Reflective Knowledge Enhancement: Extracting "answer-required knowledge" as a context-independent snippet is a low-cost, effective trick for correcting domain-specific errors.

Limitations & Future Work¶

Dependency on Strong Teachers: The pipeline relies heavily on external models like DeepSeek-R1 for initialization and GPT-5 for knowledge/evaluation, incurring significant costs.
Linear Scaling of Cost: Evolutionary overhead grows with population size and generations, posing a bottleneck for million-scale data synthesis.
Domain Coverage: Validated only in biology and chemistry; efficacy in domains like mathematical proofs or physics modeling remains to be seen.
Fixed Hyperparameters: Fitness weights and length quantiles are empirically set and may require recalibration for different tasks.

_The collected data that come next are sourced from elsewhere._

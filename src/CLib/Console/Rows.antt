-- ===== src/CLib/Console/Rows.antt =====
-- The row from which a scroll moves the screen.
use Prim.Native.Nat.{bit_and}
use native.Mathlib.Decide.{ℕ_discrete}
use cs61_f26_psets.Common.{
  ℕ, zero, suc, ◌+◌, ◌-◌, ◌*◌, ◌≤◌, ◌<◌, ◌≡◌, ◌≢◌, ◌⊎◌, inl, inr, refl, Option, none, some, arith,
  ◌∙◌, sym, subst, ap, true, false, ◌==◌, ==_iff, Bool-cases,
}
use cs61_f26_psets.CLib.Console.{
  ScrollMode, scroll_off, scroll_on, scroll_blank, cells_blank, choose_row, console_line_is_blank,
  skip_blank_rows, skip_text_rows,
}

-- The cells of the row have neither a visible character nor a background.
abbrev pub IsBlank : (ℕ → ℕ) → ℕ → Type 0
IsBlank cells row = (i : ℕ) → i < 80 → bit_and (cells (row * 80 + i)) 0xF0DF ≡ 0

-- Some cell of the row has one.
abbrev pub HasText : (ℕ → ℕ) → ℕ → Type 0
HasText cells row = (i : ℕ) × (i < 80) × (bit_and (cells (row * 80 + i)) 0xF0DF ≢ 0)

cells_blank_lem :
    (n : ℕ) (cells : ℕ → ℕ) (cpos : ℕ)
    → (cells_blank cells cpos n ≡ true) × ((i : ℕ) → i < n → bit_and (cells (cpos + i)) 0xF0DF ≡ 0)
      ⊎ (cells_blank cells cpos n ≡ false)
        × ((i : ℕ) × (i < n) × (bit_and (cells (cpos + i)) 0xF0DF ≢ 0))
unfolding cells_blank
cells_blank_lem zero cells cpos = inl (refl, λ i lt. absurd (omega (arith, lt)))
cells_blank_lem (suc n) cells cpos =
    let here : cpos + 0 ≡ cpos = omega arith in
    let next =
      λ (i : ℕ) (e : (cpos + 1) + i ≡ cpos + suc i). ap (λ a. bit_and (cells a) 0xF0DF) e in
    elim (Bool-cases (bit_and (cells cpos) 0xF0DF == 0)) [
      | inr text ↦ inr (
        rw (cells_blank, text) refl,
        (0, omega arith, λ e. ground (arith, text, ap (λ a. bit_and (cells a) 0xF0DF) here, e)),
      )
      | inl blank ↦
          let none_here = (==_iff (bit_and (cells cpos) 0xF0DF) 0).0 blank in
          elim (cells_blank_lem n cells (cpos + 1)) [
            | inl (e, rest) ↦ inl (
              rw (cells_blank, blank) e,
              λ (i : ℕ) (lt : i < suc n). elim (ℕ_discrete i 0) [
                | yes z ↦
                    ap (λ a. bit_and (cells a) 0xF0DF) {x = cpos + i} {y = cpos} (omega (arith, z))
                    ∙ none_here
                | no nz ↦
                    ap (λ a. bit_and (cells a) 0xF0DF) {x = cpos + i} {y = cpos + 1 + (i - 1)}
                      (omega (arith, nz))
                    ∙ rest (i - 1) (omega (arith, nz, lt))
              ],
            )
            | inr (e, (i, lt, text)) ↦ inr (
              rw (cells_blank, blank) e,
              (suc i, omega (arith, lt), λ z. text (next i (omega arith) ∙ z)),
            )
          ]
    ]

console_line_is_blank_lem :
    (cells : ℕ → ℕ) (row : ℕ)
    → (console_line_is_blank cells row ≡ true) × IsBlank cells row
      ⊎ (console_line_is_blank cells row ≡ false) × HasText cells row
unfolding console_line_is_blank
console_line_is_blank_lem cells row = cells_blank_lem 80 cells (row * 80)

-- Rows `r` to `row - 1` have text, and the one above them has none.
abbrev pub TextFrom : (ℕ → ℕ) → ℕ → ℕ → Type 0
TextFrom cells row r =
    (r ≤ row) × ((i : ℕ) → r ≤ i → i < row → HasText cells i) × ((r ≡ 0) ⊎ IsBlank cells (r - 1))

-- Rows `r` to `row - 1` are blank, and the one above them is not.
abbrev pub BlankFrom : (ℕ → ℕ) → ℕ → ℕ → Type 0
BlankFrom cells row r =
    (r ≤ row) × ((i : ℕ) → r ≤ i → i < row → IsBlank cells i) × ((r ≡ 0) ⊎ HasText cells (r - 1))

-- One row more.
grows :
    (P : ℕ → Type 0) (row r : ℕ)
    → P row
    → ((i : ℕ) → r ≤ i → i < row → P i)
    → (i : ℕ) → r ≤ i
    → i < suc row
    → P i
grows P row r here rest i lo hi = elim (ℕ_discrete i row) [
  | yes e ↦ subst P (sym e) here
  | no ne ↦ rest i lo (omega (arith, ne, hi))
]

skip_text-stop :
    (cells : ℕ → ℕ) (row : ℕ)
    → console_line_is_blank cells row ≡ true
    → skip_text_rows cells (suc row) ≡ suc row
unfolding skip_text_rows
skip_text-stop cells row e = rw (skip_text_rows, e) refl

skip_text-more :
    (cells : ℕ → ℕ) (row : ℕ)
    → console_line_is_blank cells row ≡ false
    → skip_text_rows cells (suc row) ≡ skip_text_rows cells row
unfolding skip_text_rows
skip_text-more cells row e = rw (skip_text_rows, e) refl

skip_text_rows_lem : (cells : ℕ → ℕ) (row : ℕ) → TextFrom cells row (skip_text_rows cells row)
unfolding skip_text_rows
skip_text_rows_lem cells zero = (omega arith, λ i lo hi. absurd (omega (arith, hi)), inl refl)
skip_text_rows_lem cells (suc row) = elim (console_line_is_blank_lem cells row) [
  | inl (e, blank) ↦ subst (TextFrom cells (suc row)) (sym (skip_text-stop cells row e)) (
    omega arith,
    λ i lo hi. absurd (omega (arith, lo, hi)),
    inr (subst (IsBlank cells) {x = row} {y = suc row - 1} (omega arith) blank),
  )
  | inr (e, text) ↦
      let (le, all, above) = skip_text_rows_lem cells row in
      subst (TextFrom cells (suc row)) (sym (skip_text-more cells row e))
        (omega (arith, le), grows (HasText cells) row _ text all, above)
]

skip_blank-stop :
    (cells : ℕ → ℕ) (row : ℕ)
    → console_line_is_blank cells row ≡ false
    → skip_blank_rows cells (suc row) ≡ suc row
unfolding skip_blank_rows
skip_blank-stop cells row e = rw (skip_blank_rows, e) refl

skip_blank-more :
    (cells : ℕ → ℕ) (row : ℕ)
    → console_line_is_blank cells row ≡ true
    → skip_blank_rows cells (suc row) ≡ skip_blank_rows cells row
unfolding skip_blank_rows
skip_blank-more cells row e = rw (skip_blank_rows, e) refl

skip_blank_rows_lem : (cells : ℕ → ℕ) (row : ℕ) → BlankFrom cells row (skip_blank_rows cells row)
unfolding skip_blank_rows
skip_blank_rows_lem cells zero = (omega arith, λ i lo hi. absurd (omega (arith, hi)), inl refl)
skip_blank_rows_lem cells (suc row) = elim (console_line_is_blank_lem cells row) [
  | inr (e, text) ↦ subst (BlankFrom cells (suc row)) (sym (skip_blank-stop cells row e)) (
    omega arith,
    λ i lo hi. absurd (omega (arith, lo, hi)),
    inr (subst (HasText cells) {x = row} {y = suc row - 1} (omega arith) text),
  )
  | inl (e, blank) ↦
      let (le, all, above) = skip_blank_rows_lem cells row in
      subst (BlankFrom cells (suc row)) (sym (skip_blank-more cells row e))
        (omega (arith, le), grows (IsBlank cells) row _ blank all, above)
]

-- The rule of a scroll: `Chooses cells mode old top new` says that it starts at the row `top`, where
-- `scroll_blank_` was `old`, and leaves `new` there. Without scroll_blank the whole screen moves.
-- With it, the first scroll starts at the top of the blank rows above the lowest text, and the later
-- ones at the same row as long as that row is blank, and then at the top of the screen.
pub data Chooses (cells : ℕ → ℕ) : ScrollMode → Option ℕ → ℕ → Option ℕ → Type 0 where
  whole_screen : Chooses cells scroll_on none 0 none
  above_text :
      (text top : ℕ)
      → TextFrom cells 24 text
      → BlankFrom cells text top
      → Chooses cells scroll_blank none top (some top)
  at_top : (mode : ScrollMode) → Chooses cells mode (some 0) 0 (some 0)
  still_blank :
      (mode : ScrollMode) (row : ℕ)
      → IsBlank cells (suc row)
      → Chooses cells mode (some (suc row)) (suc row) (some (suc row))
  no_longer_blank :
      (mode : ScrollMode) (row : ℕ)
      → HasText cells (suc row)
      → Chooses cells mode (some (suc row)) 0 (some 0)

-- The row that `first_moved` means.
abbrev pub top_of : Option ℕ → ℕ
top_of none = 0
top_of (some row) = row

kept_row :
    (cells : ℕ → ℕ) (mode : ScrollMode) (row : ℕ)
    → console_line_is_blank cells (suc row) ≡ true
    → choose_row cells mode (some (suc row)) ≡ some (suc row)
unfolding choose_row
kept_row cells scroll_off row e = rw (e) refl
kept_row cells scroll_on row e = rw (e) refl
kept_row cells scroll_blank row e = rw (e) refl

lost_row :
    (cells : ℕ → ℕ) (mode : ScrollMode) (row : ℕ)
    → console_line_is_blank cells (suc row) ≡ false
    → choose_row cells mode (some (suc row)) ≡ some 0
unfolding choose_row
lost_row cells scroll_off row e = rw (e) refl
lost_row cells scroll_on row e = rw (e) refl
lost_row cells scroll_blank row e = rw (e) refl

choose_row-later :
    (cells : ℕ → ℕ) (mode : ScrollMode) (row : ℕ)
    → Chooses cells mode
        (some (suc row))
        (top_of (choose_row cells mode (some (suc row))))
        (choose_row cells mode (some (suc row)))
choose_row-later cells mode row =
    let Goal = λ (r : Option ℕ). Chooses cells mode (some (suc row)) (top_of r) r in
    elim (console_line_is_blank_lem cells (suc row)) [
      | inl (e, blank) ↦ subst Goal (sym (kept_row cells mode row e)) (still_blank mode row blank)
      | inr (e, text) ↦ subst Goal (sym (lost_row cells mode row e)) (no_longer_blank mode row text)
    ]

pub choose_row-Chooses :
    (cells : ℕ → ℕ) (mode : ScrollMode) (old : Option ℕ)
    → mode ≢ scroll_off
    → Chooses cells mode old (top_of (choose_row cells mode old)) (choose_row cells mode old)
unfolding choose_row
choose_row-Chooses cells scroll_off old on = absurd (on refl)
choose_row-Chooses cells scroll_on none on = whole_screen
choose_row-Chooses cells scroll_blank none on =
    above_text (skip_text_rows cells 24) _ (skip_text_rows_lem cells 24)
      (skip_blank_rows_lem cells (skip_text_rows cells 24))
choose_row-Chooses cells scroll_on (some zero) on = at_top scroll_on
choose_row-Chooses cells scroll_blank (some zero) on = at_top scroll_blank
choose_row-Chooses cells scroll_on (some (suc row)) on = choose_row-later cells scroll_on row
choose_row-Chooses cells scroll_blank (some (suc row)) on = choose_row-later cells scroll_blank row
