-- ===== src/CLib/Console/Scroll.antt =====
-- What a scroll does to the cells.
use native.Mathlib.Decide.{ℕ_discrete}
use cs61_f26_psets.Common.{
  ℕ, zero, suc, ◌+◌, ◌-◌, ◌*◌, ◌≤◌, ◌<◌, ◌≡◌, ◌≢◌, ◌⊎◌, inl, inr, refl, Option, none, some, arith,
  ◌∙◌, sym, subst,
}
use cs61_f26_psets.Common.Memory.{store}
use cs61_f26_psets.CLib.Console.Rows.{Chooses, choose_row-Chooses, top_of}
use cs61_f26_psets.CLib.Console.{
  ScrollMode, scroll_off, scroll_on, scroll_blank, ConsolePrinter, console_columns, console_rows,
  end_cpos, clear_from, skip_text_rows, skip_blank_rows, choose_row, first_moved, move_rows, scroll,
}

move_rows-outside :
    (n : ℕ) (cells : ℕ → ℕ) (i j : ℕ) → (j < i) ⊎ (i + n ≤ j) → move_rows n cells i j ≡ cells j
unfolding move_rows
move_rows-outside zero cells i j out = refl
move_rows-outside (suc n) cells i j out =
    ground (arith, move_rows-outside n (store cells i (cells (i + console_columns))) (i + 1) j)

move_rows-inside :
    (n : ℕ) (cells : ℕ → ℕ) (i j : ℕ)
    → i ≤ j
    → j < i + n
    → move_rows n cells i j ≡ cells (j + console_columns)
unfolding move_rows
move_rows-inside zero cells i j lo hi = absurd (omega arith)
move_rows-inside (suc n) cells i j lo hi =
    let cells' = store cells i (cells (i + console_columns)) in
    elim (ℕ_discrete i j) [
      | yes e ↦ move_rows-outside n cells' (i + 1) j (inl (omega arith)) ∙ ground (arith, e)
      | no ne ↦
          move_rows-inside n cells' (i + 1) j (omega arith) (omega arith) ∙ ground (arith, lo, ne)
    ]

pub clear_from-outside :
    (n : ℕ) (cells : ℕ → ℕ) (i v j : ℕ) → (j < i) ⊎ (i + n ≤ j) → clear_from n cells i v j ≡ cells j
unfolding clear_from
clear_from-outside zero cells i v j out = refl
clear_from-outside (suc n) cells i v j out =
    ground (arith, clear_from-outside n (store cells i v) (i + 1) v j)

pub clear_from-inside :
    (n : ℕ) (cells : ℕ → ℕ) (i v j : ℕ) → i ≤ j → j < i + n → clear_from n cells i v j ≡ v
unfolding clear_from
clear_from-inside zero cells i v j lo hi = absurd (omega arith)
clear_from-inside (suc n) cells i v j lo hi = elim (ℕ_discrete i j) [
  | yes e ↦
      clear_from-outside n (store cells i v) (i + 1) v j (inl (omega arith)) ∙ ground (arith, e)
  | no ne ↦ clear_from-inside n (store cells i v) (i + 1) v j (omega arith) (omega arith)
]

-- The row is one of the screen's.
abbrev pub IsRow : Option ℕ → Type 0
IsRow none = Unit
IsRow (some row) = row < console_rows

skip_text_rows-le : (cells : ℕ → ℕ) (row : ℕ) → skip_text_rows cells row ≤ row
unfolding skip_text_rows
skip_text_rows-le cells zero = omega arith
skip_text_rows-le cells (suc row) = ground (arith, skip_text_rows-le cells row)

skip_blank_rows-le : (cells : ℕ → ℕ) (row : ℕ) → skip_blank_rows cells row ≤ row
unfolding skip_blank_rows
skip_blank_rows-le cells zero = omega arith
skip_blank_rows-le cells (suc row) = ground (arith, skip_blank_rows-le cells row)

pub choose_row-IsRow :
    (cells : ℕ → ℕ) (mode : ScrollMode) (row : Option ℕ)
    → IsRow row
    → IsRow (choose_row cells mode row)
unfolding choose_row
choose_row-IsRow cells scroll_blank none h = omega (
  arith,
  skip_blank_rows-le cells (skip_text_rows cells (console_rows - 1)),
  skip_text_rows-le cells (console_rows - 1),
)
choose_row-IsRow cells scroll_off none h = tt
choose_row-IsRow cells scroll_on none h = tt
choose_row-IsRow cells scroll_off (some zero) h = omega arith
choose_row-IsRow cells scroll_on (some zero) h = omega arith
choose_row-IsRow cells scroll_blank (some zero) h = omega arith
choose_row-IsRow cells scroll_off (some (suc row)) h = ground (arith, h)
choose_row-IsRow cells scroll_on (some (suc row)) h = ground (arith, h)
choose_row-IsRow cells scroll_blank (some (suc row)) h = ground (arith, h)

-- What a scroll from row `top` leaves: the rows above stay, those below move up by one, the last is
-- cleared, and the cell moves with its row.
pub record Scrolls (cp : ConsolePrinter) (top : ℕ) (cp' : ConsolePrinter) : Type 0 where
  pub top_row : top < console_rows
  pub above : (j : ℕ) → j < top * console_columns → cp'.cells j ≡ cp.cells j
  pub moved :
      (j : ℕ)
      → top * console_columns ≤ j
      → j < end_cpos - console_columns
      → cp'.cells j ≡ cp.cells (j + console_columns)
  pub last_cleared : (j : ℕ) → end_cpos - console_columns ≤ j → j < end_cpos → cp'.cells j ≡ 0
  pub behind : (j : ℕ) → end_cpos ≤ j → cp'.cells j ≡ cp.cells j
  pub cell_moved : cp'.cell ≡ cp.cell - console_columns
  pub same_color : cp'.color ≡ cp.color
  pub same_escape : cp'.escape ≡ cp.escape
  pub same_cursor : cp'.cursorpos ≡ cp.cursorpos
  pub row_chosen : IsRow cp'.blank_row

-- The printer after the rows from cell `first` on have moved.
abbrev moved_from : ConsolePrinter → Option ℕ → ℕ → ConsolePrinter
moved_from cp row first = record cp {
  cells =
      clear_from console_columns (move_rows (end_cpos - console_columns - first) cp.cells first)
        (end_cpos - console_columns) 0;
  cell = cp.cell - console_columns;
  blank_row = row;
}

moved_from-Scrolls :
    (cp : ConsolePrinter) (row : Option ℕ) (top : ℕ)
    → IsRow row
    → top < console_rows
    → Scrolls cp top (moved_from cp row (top * console_columns))
moved_from-Scrolls cp row top is_row lt =
    let last = end_cpos - console_columns in
    let first = top * console_columns in
    let n = last - first in
    let cells = move_rows n cp.cells first in
    record {
      top_row = lt;
      above = λ j l.
          clear_from-outside console_columns cells last 0 j (inl (omega arith))
          ∙ move_rows-outside n cp.cells first j (inl l);
      moved = λ j lo hi.
          clear_from-outside console_columns cells last 0 j (inl hi)
          ∙ move_rows-inside n cp.cells first j lo (omega arith);
      last_cleared = λ j lo hi. clear_from-inside console_columns cells last 0 j lo (omega arith);
      behind = λ j le.
          clear_from-outside console_columns cells last 0 j (inr (omega arith))
          ∙ move_rows-outside n cp.cells first j (inr (omega arith));
      cell_moved = refl;
      same_color = refl;
      same_escape = refl;
      same_cursor = refl;
      row_chosen = is_row;
    }

top_of-lt : (row : Option ℕ) → IsRow row → top_of row < console_rows
top_of-lt none h = omega arith
top_of-lt (some row) h = h

first_moved-top_of : (row : Option ℕ) → first_moved row ≡ top_of row * console_columns
first_moved-top_of none = refl
first_moved-top_of (some row) = refl

rows_moved :
    (cp : ConsolePrinter) (row : Option ℕ)
    → IsRow row
    → Scrolls cp (top_of row) (moved_from cp row (first_moved row))
rows_moved cp row h =
    rw (first_moved-top_of row) (moved_from-Scrolls cp row (top_of row) h (top_of-lt row h))

scroll-rows :
    (cp : ConsolePrinter)
    → cp.scroll_mode ≢ scroll_off
    → let row = choose_row cp.cells cp.scroll_mode cp.blank_row in
      scroll cp ≡ moved_from cp row (first_moved row)
unfolding scroll
scroll-rows cp on = ground (arith, on)

-- Where scrolling is on, a scroll moves the rows below the row that `Chooses` says up by one: the
-- rows above it stay, the last row is cleared, and no cell outside the screen changes.
pub scroll-Scrolls :
    (cp : ConsolePrinter)
    → cp.scroll_mode ≢ scroll_off
    → IsRow cp.blank_row
    → (top : ℕ) × Chooses cp.cells cp.scroll_mode cp.blank_row top (scroll cp).blank_row
      × Scrolls cp top (scroll cp)
scroll-Scrolls cp on is_row =
    let row = choose_row cp.cells cp.scroll_mode cp.blank_row in
    let ok = choose_row-IsRow cp.cells cp.scroll_mode cp.blank_row is_row in
    let is = scroll-rows cp on in
    (
      top_of row,
      subst (λ cp'. Chooses cp.cells cp.scroll_mode cp.blank_row (top_of row) cp'.blank_row)
          (sym is) (choose_row-Chooses cp.cells cp.scroll_mode cp.blank_row on),
      subst (Scrolls cp (top_of row)) (sym is) (rows_moved cp row ok),
    )

pub scroll-off :
    (cp : ConsolePrinter) → cp.scroll_mode ≡ scroll_off → scroll cp ≡ record cp { cell = 0 }
unfolding scroll
scroll-off cp off = ground (arith, off)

Vs. Single-Teacher Refinement: Unlike methods that prune single chains, CoT-Evo uses heterogeneous teachers to supplement missing knowledge via recombination.
Vs. Multi-Teacher Selection (TwT): While they select one chain among many, CoT-Evo aggregates multiple chains into one, achieving higher fidelity than any original single chain.
Vs. Search-based Methods (Retro-Search): Retro-Search explores via MCTS backtracks, but CoT-Evo uses genetic operators to actively synthesize new trajectories, outperforming simple expansion of sampling budgets.

Rating¶

Novelty: ⭐⭐⭐⭐⭐ (Formulating CoT distillation as a GA for intra-chain aggregation is a breakthrough).
Experimental Thoroughness: ⭐⭐⭐⭐ (Extensive benchmarks and student models, though limited to two domains).
Writing Quality: ⭐⭐⭐⭐ (Clear framework, well-defined modules and formulas).
Value: ⭐⭐⭐⭐⭐ (Provides a scalable path for high-fidelity scientific data synthesis).